Signalering 7: Op procesvoering scoren veel bibliotheken nog te zwak De auditoren zien dat de procesvoering van veel bibliotheken nog steeds zwak ontwikkeld is. Dit is niet verbeterd sinds de vorige certificeringsronde. De bibliotheken maken veel plannen, maar doelen zijn niet SMART en hebben lang niet altijd een duidelijke relatie met missie, visie en strategie. Het maken van keuzes en het stellen van prioriteiten laat te wensen over.

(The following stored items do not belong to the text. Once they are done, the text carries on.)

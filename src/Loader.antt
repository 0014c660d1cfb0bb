-- ===== src/Loader.antt =====
-- The loader of process files, src/loader.c. A file is given as its words, numbers and line ends;
-- numbers are in the range of the conversions, and a line fits into the buffer of `fgets`. What a
-- conversion that fails leaves is the old value: variables and memory that nothing has set yet are
-- arguments. A result `none` is a call of `exit`, or a word behind the end of its buffer.
pub mod RoundTrip
mod Tests
use easter_egg.Common.{ℕ, zero, suc, ◌+◌, ◌-◌, ◌*◌, Option, none, some, List, [], ◌∷◌, length, take}
use easter_egg.Common.{ltb, ◌>>=◌, if◌then◌else◌}
use easter_egg.Vm.{Mm}
use easter_egg.Process.{Inst, Opcode, Pcb}
use easter_egg.Killall.{same_text}

pub data Token : Type 0 where
  word : List ℕ → Token
  number : ℕ → Token
  line_end : Token

-- The words of the instructions, OPT_CALC and the others.
abbrev pub opt_calc : List ℕ
opt_calc = 99 ∷ 97 ∷ 108 ∷ 99 ∷ []

abbrev pub opt_alloc : List ℕ
opt_alloc = 97 ∷ 108 ∷ 108 ∷ 111 ∷ 99 ∷ []

abbrev pub opt_free : List ℕ
opt_free = 102 ∷ 114 ∷ 101 ∷ 101 ∷ []

abbrev pub opt_read : List ℕ
opt_read = 114 ∷ 101 ∷ 97 ∷ 100 ∷ []

abbrev pub opt_write : List ℕ
opt_write = 119 ∷ 114 ∷ 105 ∷ 116 ∷ 101 ∷ []

abbrev pub opt_syscall : List ℕ
opt_syscall = 115 ∷ 121 ∷ 115 ∷ 99 ∷ 97 ∷ 108 ∷ 108 ∷ []

unfoldable pub get_opcode : List ℕ → Option Opcode
get_opcode opt =
    if same_text opt opt_calc
    then some Opcode.calc
    else if same_text opt opt_alloc
    then some Opcode.alloc
    else if same_text opt opt_free
    then some Opcode.free
    else if same_text opt opt_read
    then some Opcode.read
    else if same_text opt opt_write
    then some Opcode.write
    else if same_text opt opt_syscall
    then some Opcode.syscall
    else none

-- The white space that a conversion skips.
unfoldable pub skip_lines : List Token → List Token
skip_lines [] = []
skip_lines (line_end ∷ file) = skip_lines file
skip_lines (word w ∷ file) = word w ∷ file
skip_lines (number n ∷ file) = number n ∷ file

-- `%u` or `%d` for each of the variables in a row, with their old values: the values and the rest.
unfoldable pub scan_numbers : List ℕ → List Token → List ℕ × List Token
unfolding skip_lines
scan_numbers [] file = ([], file)
scan_numbers (old ∷ olds) file = elim (skip_lines file) [
  | number n ∷ rest ↦ (let (values, left) = scan_numbers olds rest in (n ∷ values, left))
  | other ↦ (old ∷ olds, other)
]

-- `fscanf(file, "%s", opcode);` with `char opcode[10]`. A number is never the word of an
-- instruction, so it is the empty word here.
unfoldable pub scan_word : List ℕ → List Token → Option (List ℕ × List Token)
unfolding skip_lines
scan_word old file = elim (skip_lines file) [
  | word w ∷ rest ↦ (if ltb (length w) 10 then some (w, rest) else none)
  | number n ∷ rest ↦ some ([], rest)
  | other ↦ some (old, other)
]

-- The rest of a line, with its end.
unfoldable pub split_line : List Token → List Token × List Token
split_line [] = ([], [])
split_line (line_end ∷ rest) = (line_end ∷ [], rest)
split_line (word w ∷ rest) = let (line, left) = split_line rest in (word w ∷ line, left)
split_line (number n ∷ rest) = let (line, left) = split_line rest in (number n ∷ line, left)

-- `fgets(buf, sizeof(buf), file);`, which at the end of the file leaves the old content.
unfoldable pub get_line : List Token → List Token → List Token × List Token
unfolding split_line
get_line old [] = (old, [])
get_line old (t ∷ file) = split_line (t ∷ file)

-- The file and the local variables `opcode` and `buf` of `load`.
pub record Reader : Type 0 where
  pub file : List Token
  pub opcode : List ℕ
  pub buf : List Token

-- The arguments that are read, in the place of the old ones.
abbrev pub put_args : Inst → List ℕ → Inst
put_args ins [] = ins
put_args ins (a ∷ []) = record ins { arg_0 = a }
put_args ins (a ∷ b ∷ []) = record ins { arg_0 = a; arg_1 = b }
put_args ins (a ∷ b ∷ c ∷ []) = record ins { arg_0 = a; arg_1 = b; arg_2 = c }
put_args ins (a ∷ b ∷ c ∷ d ∷ rest) = record ins { arg_0 = a; arg_1 = b; arg_2 = c; arg_3 = d }

-- `fscanf` with a number of `%u`. The line end at the end of its format is left out: every later
-- read skips it.
unfoldable pub scan_args : Inst → List ℕ → Reader → Inst × Reader
scan_args ins olds r =
    let (values, left) = scan_numbers olds r.file in (put_args ins values, record r { file = left })

-- One round of the loop of `load`, with the memory of `text[i]` as it was.
unfoldable pub load_inst : Inst → Reader → Option (Inst × Reader)
load_inst raw r = do
  (opt, file) ← scan_word r.opcode r.file
  op ← get_opcode opt
  let ins = record raw { opcode = op }
  let next = record r { file = file; opcode = opt }
  some (elim op [
    | Opcode.calc ↦ (ins, next)
    | Opcode.alloc ↦ scan_args ins (raw.arg_0 ∷ raw.arg_1 ∷ []) next
    | Opcode.free ↦ scan_args ins (raw.arg_0 ∷ []) next
    | Opcode.read ↦ scan_args ins (raw.arg_0 ∷ raw.arg_1 ∷ raw.arg_2 ∷ []) next
    | Opcode.write ↦ scan_args ins (raw.arg_0 ∷ raw.arg_1 ∷ raw.arg_2 ∷ []) next
    | Opcode.syscall ↦
        (let (line, left) = get_line next.buf next.file in
          let olds = raw.arg_0 ∷ raw.arg_1 ∷ raw.arg_2 ∷ raw.arg_3 ∷ [] in
          (put_args ins (scan_numbers olds line).0, record next { file = left; buf = line }))
  ])

-- The loop from instruction `i` on.
unfoldable pub load_loop : ℕ → ℕ → (ℕ → Inst) → Reader → Option (List Inst)
load_loop zero i raw r = some []
load_loop (suc rounds) i raw r =
    load_inst (raw i) r >>= λ x. load_loop rounds (i + 1) raw x.1 >>= λ rest. some (x.0 ∷ rest)

-- What the memory that `load` allocates, and its local variables, hold before.
pub record Unset : Type 0 where
  pub priority : ℕ
  pub size : ℕ
  pub prio : ℕ
  pub text : ℕ → Inst
  pub opcode : List ℕ
  pub buf : List Token
  pub mm : Mm

-- The characters of `path` that `snprintf` keeps: `sizeof(path)` is that of a pointer.
abbrev pub path_size : ℕ
path_size = 2 * 8 + 1

-- The process, and `avail_pid` after it. The file is `none` where it cannot be opened. `priority`,
-- which nothing reads with MLQ_SCHED, is dropped.
unfoldable pub load : Unset → ℕ → List ℕ → Option (List Token) → Option (Pcb × ℕ)
load unset avail_pid path none = none
load unset avail_pid path (some file) =
    let (first, rest) = scan_numbers (unset.priority ∷ unset.size ∷ []) file in
    load_loop (second unset.size first) 0 unset.text
      (record { file = rest; opcode = unset.opcode; buf = unset.buf })
    >>= λ code. some (
      record {
        pid = avail_pid;
        pc = 0;
        code = code;
        prio = unset.prio;
        path = take (path_size - 1) path;
        mm = unset.mm;
      },
      avail_pid + 1,
    )
  where
    second : ℕ → List ℕ → ℕ
    second d [] = d
    second d (x ∷ []) = d
    second d (x ∷ y ∷ ys) = y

De PDCA-cyclus krijgt nog onvoldoende aandacht. De auditoren signaleren dat veel plannen niet of slechts ten dele tot uitvoering komen. De bibliotheken zien het certificeringsproces nog te vaak als verplichte oefening in plaats van instrument voor kwaliteitszorg en organisatieontwikkeling. De nieuwe aanpak van het certificeringsproces, met de zelfevaluatie als uitgangspunt, is daar echter zeer geschikt voor.